Fine linen mantles were worn by both gentry and aristocratic women in the early 17th century. Embellishing them with lace, whitework and cutwork was characteristic of the period.

From the early 16th century until the 1630s, Portugal had trading posts in Bengal and imported textiles including embroideries worked in yellow silk on cotton. By the mid-16th century, Lisbon was producing needlework in a similar style using linen instead of cotton. Initially, the designs copied Indian embroideries, but soon began incorporating other influences. The design of this cloak is Islamic in character as interpreted by 16th-century European design books.

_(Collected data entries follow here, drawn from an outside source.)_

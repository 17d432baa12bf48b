-- ===== src/Store.antt =====
-- internal/store/store.go and security.go: the key-value store with expiry, in memory.
-- The mutex makes each method one step, so a method is a function of the map and of the time that
-- it reads. Times and durations count nanoseconds; every method treats a negative duration as 0.
pub mod Spec
pub mod Refine
pub mod History
pub mod Window
mod Tests
use finn_api_go.Prelude.{
  ℕ, ◌+◌, String, str_eq, ◌<>◌, Bool, true, false, ◌&&◌, ◌||◌, not, Option, none, some, List, [],
  ◌∷◌, ltb, leb, length, if◌then◌else◌,
}
use finn_api_go.Prelude.Dict.{lookup, insert, erase}
use finn_api_go.Prelude.Int64.{Int64, add64, lt64, show64}

-- A value of Go's `any`, as far as the program stores or tests one.
pub data Value : Type 0 where
  int64 : Int64 → Value
  int : Int64 → Value
  text : String → Value

-- `fmt.Sprint`
unfoldable pub sprint : Value → String
sprint (int64 n) = show64 n
sprint (int n) = show64 n
sprint (text s) = s

-- `exp = none` is Go's zero time: the entry never expires.
pub record Entry : Type 0 where
  pub value : Value
  pub exp : Option ℕ

-- The number that `IncrBy` reads out of a value: only an int64 counts.
unfoldable pub current : Value → Int64
current (int64 n) = n
current (int n) = 0
current (text s) = 0

-- `now.After(e.exp)`
abbrev pub is_past : Option ℕ → ℕ → Bool
is_past none now = false
is_past (some t) now = ltb t now

unfoldable pub expired : Entry → ℕ → Bool
expired e now = is_past e.exp now

pub record InMemoryStore : Type 0 where
  pub entries : List (String × Entry)
  pub stopped : Bool

abbrev pub new_in_memory_store : InMemoryStore
new_in_memory_store = record { entries = []; stopped = false }

-- `if ttl > 0 { exp = now.Add(ttl) }`
unfoldable pub expiry : ℕ → ℕ → Option ℕ
expiry now ttl = if ltb 0 ttl then some (now + ttl) else none

abbrev pub is_some : Option Value → Bool
is_some none = false
is_some (some v) = true

abbrev put : String → Entry → InMemoryStore → InMemoryStore
put key e s = record s { entries = insert key e s.entries }

abbrev remove : String → InMemoryStore → InMemoryStore
remove key s = record s { entries = erase key s.entries }

module _ (now : ℕ) (key : String) (s : InMemoryStore) where
  unfoldable pub get : Option Value × InMemoryStore
  unfolding expired
  get = elim (lookup key s.entries) [
    | none ↦ (none, s)
    | some e ↦ if expired e now then (none, remove key s) else (some e.value, s)
  ]

  unfoldable pub take : Option Value × InMemoryStore
  unfolding expired
  take = elim (lookup key s.entries) [
    | none ↦ (none, s)
    | some e ↦ (if expired e now then none else some e.value, remove key s)
  ]

  unfoldable pub set : Value → ℕ → InMemoryStore
  unfolding expiry
  set value ttl = put key (record { value = value; exp = expiry now ttl }) s

  unfoldable pub set_nx : Value → ℕ → Bool × InMemoryStore
  unfolding expired set
  set_nx value ttl = elim (lookup key s.entries) [
    | none ↦ (true, set value ttl)
    | some e ↦ if expired e now then (true, set value ttl) else (false, s)
  ]

  -- A first increment sets the expiry, and later ones keep it.
  unfoldable pub incr_by : Int64 → ℕ → Int64 × InMemoryStore
  unfolding expired expiry add64 current
  incr_by delta ttl =
      let fresh : Int64 × InMemoryStore =
        (delta, put key (record { value = int64 delta; exp = expiry now ttl }) s) in
      elim (lookup key s.entries) [
        | none ↦ fresh
        | some e ↦ if expired e now then fresh else (
          add64 (current e.value) delta,
          put key (record { value = int64 (add64 (current e.value) delta); exp = e.exp }) s,
        )
      ]

  unfoldable pub delete : InMemoryStore
  delete = remove key s

  unfoldable pub renew : ℕ → Bool × InMemoryStore
  unfolding expired expiry
  renew ttl = elim (lookup key s.entries) [
    | none ↦ (false, s)
    | some e ↦
        if expired e now
        then (false, s)
        else (true, put key (record { value = e.value; exp = expiry now ttl }) s)
  ]

  unfoldable pub renew_if_owner : String → ℕ → Bool × InMemoryStore
  unfolding expired
  renew_if_owner owner ttl = elim (lookup key s.entries) [
    | none ↦ (false, s)
    | some e ↦
        if expired e now
        then (false, s)
        else if not (str_eq (sprint e.value) owner)
        then (false, s)
        else if ltb 0 ttl
        then (true, put key (record { value = e.value; exp = some (now + ttl) }) s)
        else (true, s)
  ]

  -- It reads no clock: an expired entry that nobody has reaped is still deleted.
  unfoldable pub delete_if_owner : String → Bool × InMemoryStore
  delete_if_owner owner = elim (lookup key s.entries) [
    | none ↦ (false, s)
    | some e ↦ if not (str_eq (sprint e.value) owner) then (false, s) else (true, remove key s)
  ]

-- `const batchSize`
abbrev pub batch_size : ℕ
batch_size = 1000

-- The first loop of `sweep`. Go visits a map in any order, so the order is an argument: the pairs
-- that `range` yields. `found` counts those collected so far.
unfoldable pub collect_expired : ℕ → List (String × Entry) → ℕ → List String
unfolding expired
collect_expired now [] found = []
collect_expired now ((k, e) ∷ rest) found =
    let more = collect_expired now rest (found + 1) in
    let others = collect_expired now rest found in
    if expired e now
    then k ∷ (if leb batch_size (found + 1) then [] else more)
    else (if leb batch_size found then [] else others)

-- The second loop of `sweep`.
unfoldable pub delete_all : List String → List (String × Entry) → List (String × Entry)
delete_all [] m = m
delete_all (k ∷ ks) m = delete_all ks (erase k m)

unfoldable pub sweep : ℕ → List (String × Entry) → InMemoryStore → InMemoryStore
unfolding collect_expired delete_all
sweep now order s = record s { entries = delete_all (collect_expired now order 0) s.entries }

-- `Close`: the channel is closed once, whoever calls first.
unfoldable pub close : InMemoryStore → Bool × InMemoryStore
close s = if s.stopped then (false, s) else (true, record s { stopped = true })

-- `Admit` of security.go
unfoldable pub admit : ℕ → String → InMemoryStore → Int64 → ℕ → Bool × InMemoryStore
unfolding incr_by lt64
admit now key s limit window = let (n, s') = incr_by now key s 1 window in (not (lt64 limit n), s')

-- `Revoked` of security.go: both keys are read, the token's and the session's.
unfoldable pub revoked : ℕ → String → String → InMemoryStore → Bool × InMemoryStore
unfolding get
revoked now jti sid s =
    let (j, s₁) = get now ("denylist:jti:" <> jti) s in
    let (f, s₂) = get now ("denylist:sid:" <> sid) s₁ in (is_some j || is_some f, s₂)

The collar and collar band are of a different design and quality of linen thread, suggesting that they may have been recycled from another linen garment.


object details
Categories
Object Type
Materials and Techniques
Linen, linen thread, linen needle lace; hand-sewn and hand-embroidered
Brief Description
Woman's mantle of linen, 1590-1610, Portuguese; whitework embroidered in 'Indo-Portuguese' style with needlelace insertions and edging
Physical Description
A mantle made of 13 panels of narrow linen, sewn together and embroidered with linen in chain and blanket stitch and knots, with an insertion of linen needle lace in the centre of every 4th panel. The design features repeating geometrical and circular patterns and a deep border at the hem. At the neck, the mantle is gathered and stitched to a narrow, embroidered band of linen. The collar is a different quality of linen, embroidered in a different pattern. It is cutwork with linen thread in buttonhole and double-plaited stitch. To fasten, there are two bound eyelets, one on each side of the neckband. The whole mantle is unlined and edged with linen needlelace.
Dimensions
  • Overall, approx. length: 120.7cm
  • At hem, approx. circumference: 324.5cm
Object history
This mantle was part of a collection of seventeenth and eighteenth century linens purchased from Lady Arundell in 1913. It was part of a group of accessories found in a dry well at Old Wardour Castle and said to have been placed there while it was under seige in 1643.
Summary
Fine linen mantles were worn by both gentry and aristocratic women in the early 17th century. Embellishing them with lace, whitework and cutwork was characteristic of the period.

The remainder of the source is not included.